- Task directions
The entries that follow include a run beginning at the line with "verdict_in (ok (obj" and ending at the line with "wants_retry verdict reflect_count"; restate that run word for word and leave the rest out.
───── Dataset content ─────
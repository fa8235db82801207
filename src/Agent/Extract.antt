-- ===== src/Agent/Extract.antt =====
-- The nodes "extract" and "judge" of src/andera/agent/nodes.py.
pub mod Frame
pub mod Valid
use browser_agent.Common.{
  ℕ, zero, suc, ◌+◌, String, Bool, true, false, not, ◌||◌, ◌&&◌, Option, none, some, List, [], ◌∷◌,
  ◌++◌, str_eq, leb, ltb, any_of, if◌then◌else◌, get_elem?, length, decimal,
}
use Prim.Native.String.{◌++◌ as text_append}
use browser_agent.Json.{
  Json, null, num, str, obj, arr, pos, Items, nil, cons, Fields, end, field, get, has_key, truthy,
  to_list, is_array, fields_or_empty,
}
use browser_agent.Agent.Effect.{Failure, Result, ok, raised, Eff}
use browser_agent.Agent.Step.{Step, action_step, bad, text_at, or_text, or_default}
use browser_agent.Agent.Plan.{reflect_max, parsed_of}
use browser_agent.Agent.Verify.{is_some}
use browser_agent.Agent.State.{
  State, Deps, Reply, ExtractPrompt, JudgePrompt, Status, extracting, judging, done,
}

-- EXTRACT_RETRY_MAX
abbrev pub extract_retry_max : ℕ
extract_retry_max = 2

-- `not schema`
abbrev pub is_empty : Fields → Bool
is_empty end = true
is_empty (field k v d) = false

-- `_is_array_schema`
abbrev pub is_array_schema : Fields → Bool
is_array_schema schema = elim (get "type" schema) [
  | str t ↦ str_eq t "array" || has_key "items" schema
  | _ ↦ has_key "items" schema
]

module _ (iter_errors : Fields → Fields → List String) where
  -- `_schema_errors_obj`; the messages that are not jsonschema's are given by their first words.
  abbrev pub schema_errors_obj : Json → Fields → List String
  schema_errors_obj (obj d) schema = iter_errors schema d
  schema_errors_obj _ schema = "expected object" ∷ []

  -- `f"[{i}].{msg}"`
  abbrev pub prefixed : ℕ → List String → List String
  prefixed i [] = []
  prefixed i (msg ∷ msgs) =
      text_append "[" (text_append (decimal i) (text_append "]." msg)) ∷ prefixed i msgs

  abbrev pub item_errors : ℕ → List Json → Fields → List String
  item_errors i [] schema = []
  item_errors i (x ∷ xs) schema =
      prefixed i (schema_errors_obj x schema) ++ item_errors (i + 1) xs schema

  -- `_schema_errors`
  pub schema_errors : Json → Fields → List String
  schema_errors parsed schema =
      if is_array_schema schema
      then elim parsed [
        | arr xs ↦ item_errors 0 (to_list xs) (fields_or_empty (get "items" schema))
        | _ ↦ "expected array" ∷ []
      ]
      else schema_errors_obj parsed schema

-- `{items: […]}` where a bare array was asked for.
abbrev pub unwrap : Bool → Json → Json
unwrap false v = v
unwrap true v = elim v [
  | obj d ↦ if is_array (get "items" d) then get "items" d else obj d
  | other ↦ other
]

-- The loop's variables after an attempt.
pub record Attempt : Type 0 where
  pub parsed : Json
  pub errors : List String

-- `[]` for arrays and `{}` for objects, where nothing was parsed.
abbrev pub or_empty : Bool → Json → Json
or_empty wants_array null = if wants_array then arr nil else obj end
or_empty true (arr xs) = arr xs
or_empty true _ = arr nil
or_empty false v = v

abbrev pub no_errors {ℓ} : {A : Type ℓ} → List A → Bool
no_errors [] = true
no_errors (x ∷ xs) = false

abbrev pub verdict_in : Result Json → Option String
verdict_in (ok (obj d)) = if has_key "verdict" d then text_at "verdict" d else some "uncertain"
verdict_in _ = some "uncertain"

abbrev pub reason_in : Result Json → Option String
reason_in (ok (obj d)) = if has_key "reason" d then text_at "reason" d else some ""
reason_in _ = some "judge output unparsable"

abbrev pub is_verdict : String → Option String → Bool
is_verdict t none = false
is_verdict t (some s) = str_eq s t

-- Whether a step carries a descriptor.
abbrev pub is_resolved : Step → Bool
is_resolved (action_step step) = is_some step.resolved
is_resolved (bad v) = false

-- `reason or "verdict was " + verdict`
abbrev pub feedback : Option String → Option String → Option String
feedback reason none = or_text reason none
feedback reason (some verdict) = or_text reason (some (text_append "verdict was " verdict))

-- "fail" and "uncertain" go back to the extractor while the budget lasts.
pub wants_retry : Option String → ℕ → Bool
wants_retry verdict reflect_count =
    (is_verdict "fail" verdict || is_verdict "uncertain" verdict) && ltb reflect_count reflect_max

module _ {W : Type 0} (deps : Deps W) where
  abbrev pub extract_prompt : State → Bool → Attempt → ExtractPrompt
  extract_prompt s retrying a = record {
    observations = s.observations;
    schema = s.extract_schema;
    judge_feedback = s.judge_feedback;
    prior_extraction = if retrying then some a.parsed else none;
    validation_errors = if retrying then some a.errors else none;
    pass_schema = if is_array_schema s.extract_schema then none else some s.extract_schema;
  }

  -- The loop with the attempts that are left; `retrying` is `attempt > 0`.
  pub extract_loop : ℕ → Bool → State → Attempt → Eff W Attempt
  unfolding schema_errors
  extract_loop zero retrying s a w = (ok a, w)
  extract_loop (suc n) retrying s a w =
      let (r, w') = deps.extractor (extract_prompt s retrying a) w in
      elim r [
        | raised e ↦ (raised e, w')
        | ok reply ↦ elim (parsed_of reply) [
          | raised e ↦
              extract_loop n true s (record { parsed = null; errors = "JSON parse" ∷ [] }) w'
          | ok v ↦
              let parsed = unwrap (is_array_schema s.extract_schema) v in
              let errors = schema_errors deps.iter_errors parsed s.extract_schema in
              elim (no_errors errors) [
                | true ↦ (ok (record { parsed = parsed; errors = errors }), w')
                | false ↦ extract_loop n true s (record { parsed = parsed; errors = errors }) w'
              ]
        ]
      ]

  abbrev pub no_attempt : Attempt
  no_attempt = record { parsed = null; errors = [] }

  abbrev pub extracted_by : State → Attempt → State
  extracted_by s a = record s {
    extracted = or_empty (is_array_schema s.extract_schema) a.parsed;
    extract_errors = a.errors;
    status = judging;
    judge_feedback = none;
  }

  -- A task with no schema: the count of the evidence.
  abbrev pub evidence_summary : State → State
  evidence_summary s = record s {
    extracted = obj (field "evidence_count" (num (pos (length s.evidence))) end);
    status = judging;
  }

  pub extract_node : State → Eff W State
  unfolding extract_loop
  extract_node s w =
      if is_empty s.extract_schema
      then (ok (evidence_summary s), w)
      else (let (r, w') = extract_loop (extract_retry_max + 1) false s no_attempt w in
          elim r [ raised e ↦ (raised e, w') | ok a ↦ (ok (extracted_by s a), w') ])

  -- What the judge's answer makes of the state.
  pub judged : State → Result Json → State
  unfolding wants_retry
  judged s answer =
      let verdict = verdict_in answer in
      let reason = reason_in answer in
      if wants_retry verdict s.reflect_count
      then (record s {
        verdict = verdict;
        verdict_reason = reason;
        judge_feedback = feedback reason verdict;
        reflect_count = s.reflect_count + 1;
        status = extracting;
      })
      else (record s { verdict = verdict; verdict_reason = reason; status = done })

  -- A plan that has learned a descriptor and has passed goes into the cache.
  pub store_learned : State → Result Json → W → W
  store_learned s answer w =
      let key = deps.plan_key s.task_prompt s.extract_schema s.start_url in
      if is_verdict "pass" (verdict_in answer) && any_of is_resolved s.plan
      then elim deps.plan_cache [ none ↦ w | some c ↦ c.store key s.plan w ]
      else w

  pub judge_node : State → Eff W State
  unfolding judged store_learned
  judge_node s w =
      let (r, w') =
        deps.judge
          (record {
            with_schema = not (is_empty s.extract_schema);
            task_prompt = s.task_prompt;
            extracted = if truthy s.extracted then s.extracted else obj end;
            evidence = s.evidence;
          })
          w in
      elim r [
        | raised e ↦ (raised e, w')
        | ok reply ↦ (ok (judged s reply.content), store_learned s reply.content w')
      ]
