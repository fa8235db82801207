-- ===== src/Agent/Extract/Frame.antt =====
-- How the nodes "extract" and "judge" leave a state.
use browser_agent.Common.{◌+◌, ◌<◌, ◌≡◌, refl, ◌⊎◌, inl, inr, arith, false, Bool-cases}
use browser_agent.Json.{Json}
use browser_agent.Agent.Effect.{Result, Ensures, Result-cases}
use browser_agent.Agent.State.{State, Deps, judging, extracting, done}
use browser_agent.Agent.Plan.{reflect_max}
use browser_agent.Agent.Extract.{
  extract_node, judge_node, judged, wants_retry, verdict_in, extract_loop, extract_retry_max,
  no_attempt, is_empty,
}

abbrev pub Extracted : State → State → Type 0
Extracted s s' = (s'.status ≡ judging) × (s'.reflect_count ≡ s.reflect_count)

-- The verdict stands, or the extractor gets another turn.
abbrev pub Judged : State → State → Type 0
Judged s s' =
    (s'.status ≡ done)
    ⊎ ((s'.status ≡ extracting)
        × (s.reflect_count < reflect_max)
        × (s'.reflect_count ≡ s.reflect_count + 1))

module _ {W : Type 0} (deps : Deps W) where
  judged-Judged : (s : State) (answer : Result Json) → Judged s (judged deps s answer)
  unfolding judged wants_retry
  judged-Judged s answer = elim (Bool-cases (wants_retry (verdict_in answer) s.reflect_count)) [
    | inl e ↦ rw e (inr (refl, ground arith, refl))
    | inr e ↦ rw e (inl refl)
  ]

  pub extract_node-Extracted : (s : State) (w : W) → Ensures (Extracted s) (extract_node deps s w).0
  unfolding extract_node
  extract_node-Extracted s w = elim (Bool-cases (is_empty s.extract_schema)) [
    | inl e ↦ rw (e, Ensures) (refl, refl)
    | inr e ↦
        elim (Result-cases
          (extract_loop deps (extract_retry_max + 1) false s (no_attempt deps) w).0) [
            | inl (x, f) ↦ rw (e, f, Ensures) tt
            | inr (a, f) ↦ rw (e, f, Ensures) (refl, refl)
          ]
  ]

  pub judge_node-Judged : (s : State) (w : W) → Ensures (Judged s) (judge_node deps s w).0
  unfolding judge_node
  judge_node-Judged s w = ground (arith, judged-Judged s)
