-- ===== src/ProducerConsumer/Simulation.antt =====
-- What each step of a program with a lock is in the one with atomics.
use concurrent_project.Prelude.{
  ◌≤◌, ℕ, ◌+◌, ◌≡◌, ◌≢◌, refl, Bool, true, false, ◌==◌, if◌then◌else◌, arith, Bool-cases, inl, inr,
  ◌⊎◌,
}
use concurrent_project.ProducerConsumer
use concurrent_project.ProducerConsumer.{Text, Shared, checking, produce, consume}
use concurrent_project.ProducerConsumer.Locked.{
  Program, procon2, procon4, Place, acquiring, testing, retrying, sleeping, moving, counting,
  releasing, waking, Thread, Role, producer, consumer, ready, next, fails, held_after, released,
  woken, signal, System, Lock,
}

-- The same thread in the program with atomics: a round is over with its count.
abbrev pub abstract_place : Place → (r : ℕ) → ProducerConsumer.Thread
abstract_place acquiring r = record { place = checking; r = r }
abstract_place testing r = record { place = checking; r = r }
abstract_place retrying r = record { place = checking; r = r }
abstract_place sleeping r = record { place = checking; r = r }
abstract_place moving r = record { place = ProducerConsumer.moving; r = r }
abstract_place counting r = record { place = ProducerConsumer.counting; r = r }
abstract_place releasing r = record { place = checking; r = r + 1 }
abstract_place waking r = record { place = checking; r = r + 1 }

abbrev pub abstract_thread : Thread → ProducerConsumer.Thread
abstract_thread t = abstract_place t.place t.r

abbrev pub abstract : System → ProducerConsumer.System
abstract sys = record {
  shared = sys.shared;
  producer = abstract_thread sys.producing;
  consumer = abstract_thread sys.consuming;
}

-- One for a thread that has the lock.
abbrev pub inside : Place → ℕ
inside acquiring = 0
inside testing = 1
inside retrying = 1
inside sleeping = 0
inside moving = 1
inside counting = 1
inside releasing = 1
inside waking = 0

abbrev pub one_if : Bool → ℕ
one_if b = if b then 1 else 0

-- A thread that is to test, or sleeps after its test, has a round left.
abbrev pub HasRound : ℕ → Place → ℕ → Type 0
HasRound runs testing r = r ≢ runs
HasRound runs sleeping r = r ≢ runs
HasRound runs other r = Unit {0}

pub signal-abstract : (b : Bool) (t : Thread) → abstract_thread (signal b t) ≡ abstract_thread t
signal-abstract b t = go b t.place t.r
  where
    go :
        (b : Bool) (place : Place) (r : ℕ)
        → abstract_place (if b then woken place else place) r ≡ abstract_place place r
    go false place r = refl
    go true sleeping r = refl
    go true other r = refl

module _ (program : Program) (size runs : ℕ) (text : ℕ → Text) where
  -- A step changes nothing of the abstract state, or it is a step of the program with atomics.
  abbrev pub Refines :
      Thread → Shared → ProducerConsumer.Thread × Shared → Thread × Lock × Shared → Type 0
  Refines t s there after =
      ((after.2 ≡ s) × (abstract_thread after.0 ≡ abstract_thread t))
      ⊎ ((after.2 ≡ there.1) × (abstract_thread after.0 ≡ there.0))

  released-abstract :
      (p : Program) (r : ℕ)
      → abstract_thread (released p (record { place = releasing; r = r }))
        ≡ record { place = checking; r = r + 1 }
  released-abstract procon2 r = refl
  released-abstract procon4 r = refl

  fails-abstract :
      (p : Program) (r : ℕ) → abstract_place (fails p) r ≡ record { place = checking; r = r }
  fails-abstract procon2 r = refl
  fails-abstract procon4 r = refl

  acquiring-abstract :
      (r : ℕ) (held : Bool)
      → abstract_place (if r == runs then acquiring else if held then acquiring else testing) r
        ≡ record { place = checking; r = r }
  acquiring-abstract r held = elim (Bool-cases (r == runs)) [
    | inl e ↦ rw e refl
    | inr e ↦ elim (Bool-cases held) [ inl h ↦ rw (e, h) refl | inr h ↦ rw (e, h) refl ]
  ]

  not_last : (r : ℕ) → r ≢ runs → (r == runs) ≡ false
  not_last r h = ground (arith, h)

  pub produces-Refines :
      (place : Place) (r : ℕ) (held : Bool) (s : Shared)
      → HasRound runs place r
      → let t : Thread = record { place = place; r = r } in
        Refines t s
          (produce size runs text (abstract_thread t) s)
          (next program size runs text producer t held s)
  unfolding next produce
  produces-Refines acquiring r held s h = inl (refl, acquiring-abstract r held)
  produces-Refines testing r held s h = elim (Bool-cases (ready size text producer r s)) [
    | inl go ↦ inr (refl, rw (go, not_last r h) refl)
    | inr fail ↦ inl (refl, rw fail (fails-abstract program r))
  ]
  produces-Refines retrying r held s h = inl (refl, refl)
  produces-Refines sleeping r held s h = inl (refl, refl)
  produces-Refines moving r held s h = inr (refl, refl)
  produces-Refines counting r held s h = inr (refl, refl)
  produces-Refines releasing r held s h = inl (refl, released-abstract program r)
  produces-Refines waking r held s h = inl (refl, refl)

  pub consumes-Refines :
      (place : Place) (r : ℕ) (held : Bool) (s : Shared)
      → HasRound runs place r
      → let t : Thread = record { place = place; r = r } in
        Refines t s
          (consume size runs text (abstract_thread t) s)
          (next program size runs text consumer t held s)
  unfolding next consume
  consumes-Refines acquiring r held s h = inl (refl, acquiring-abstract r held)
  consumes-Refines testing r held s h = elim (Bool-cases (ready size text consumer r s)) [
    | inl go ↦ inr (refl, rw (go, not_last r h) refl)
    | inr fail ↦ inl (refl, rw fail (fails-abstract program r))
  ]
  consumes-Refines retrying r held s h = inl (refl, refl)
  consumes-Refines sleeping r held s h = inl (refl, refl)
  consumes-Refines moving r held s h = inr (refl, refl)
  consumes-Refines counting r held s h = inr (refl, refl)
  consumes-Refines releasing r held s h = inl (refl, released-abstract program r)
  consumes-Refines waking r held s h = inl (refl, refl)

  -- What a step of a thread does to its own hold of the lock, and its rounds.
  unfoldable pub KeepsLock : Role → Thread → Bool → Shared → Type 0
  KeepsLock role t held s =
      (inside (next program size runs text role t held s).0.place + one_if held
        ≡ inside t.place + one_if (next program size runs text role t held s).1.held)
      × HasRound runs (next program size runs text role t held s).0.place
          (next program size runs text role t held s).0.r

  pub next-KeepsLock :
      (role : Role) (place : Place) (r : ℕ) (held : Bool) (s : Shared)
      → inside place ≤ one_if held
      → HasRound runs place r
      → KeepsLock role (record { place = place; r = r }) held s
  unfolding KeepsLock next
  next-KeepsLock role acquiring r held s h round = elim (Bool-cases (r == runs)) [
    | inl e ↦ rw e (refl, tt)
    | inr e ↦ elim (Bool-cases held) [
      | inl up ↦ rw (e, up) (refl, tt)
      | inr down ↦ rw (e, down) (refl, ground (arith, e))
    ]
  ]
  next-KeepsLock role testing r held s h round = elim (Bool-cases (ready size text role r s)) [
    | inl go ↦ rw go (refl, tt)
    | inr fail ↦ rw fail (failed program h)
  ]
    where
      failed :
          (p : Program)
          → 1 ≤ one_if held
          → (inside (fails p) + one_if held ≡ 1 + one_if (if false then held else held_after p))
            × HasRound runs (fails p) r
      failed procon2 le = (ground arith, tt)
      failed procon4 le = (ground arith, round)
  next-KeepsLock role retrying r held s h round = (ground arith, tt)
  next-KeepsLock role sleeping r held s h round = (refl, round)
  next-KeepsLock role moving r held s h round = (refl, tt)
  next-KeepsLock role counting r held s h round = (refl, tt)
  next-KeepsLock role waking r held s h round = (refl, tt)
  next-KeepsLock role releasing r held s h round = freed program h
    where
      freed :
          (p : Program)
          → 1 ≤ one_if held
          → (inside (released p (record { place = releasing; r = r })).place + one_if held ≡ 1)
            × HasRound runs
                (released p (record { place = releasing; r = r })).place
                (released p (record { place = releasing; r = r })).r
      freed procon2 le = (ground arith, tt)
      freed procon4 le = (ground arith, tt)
─────
- Problem solution
verdict_in (ok (obj d)) = if has_key "verdict" d then text_at "verdict" d else some "uncertain"
verdict_in _ = some "uncertain"

abbrev pub reason_in : Result Json → Option String
reason_in (ok (obj d)) = if has_key "reason" d then text_at "reason" d else some ""
reason_in _ = some "judge output unparsable"

abbrev pub is_verdict : String → Option String → Bool
is_verdict t none = false
is_verdict t (some s) = str_eq s t

-- Whether a step carries a descriptor.
abbrev pub is_resolved : Step → Bool
is_resolved (action_step step) = is_some step.resolved
is_resolved (bad v) = false

-- `reason or "verdict was " + verdict`
abbrev pub feedback : Option String → Option String → Option String
feedback reason none = or_text reason none
feedback reason (some verdict) = or_text reason (some (text_append "verdict was " verdict))

-- "fail" and "uncertain" go back to the extractor while the budget lasts.
pub wants_retry : Option String → ℕ → Bool
wants_retry verdict reflect_count =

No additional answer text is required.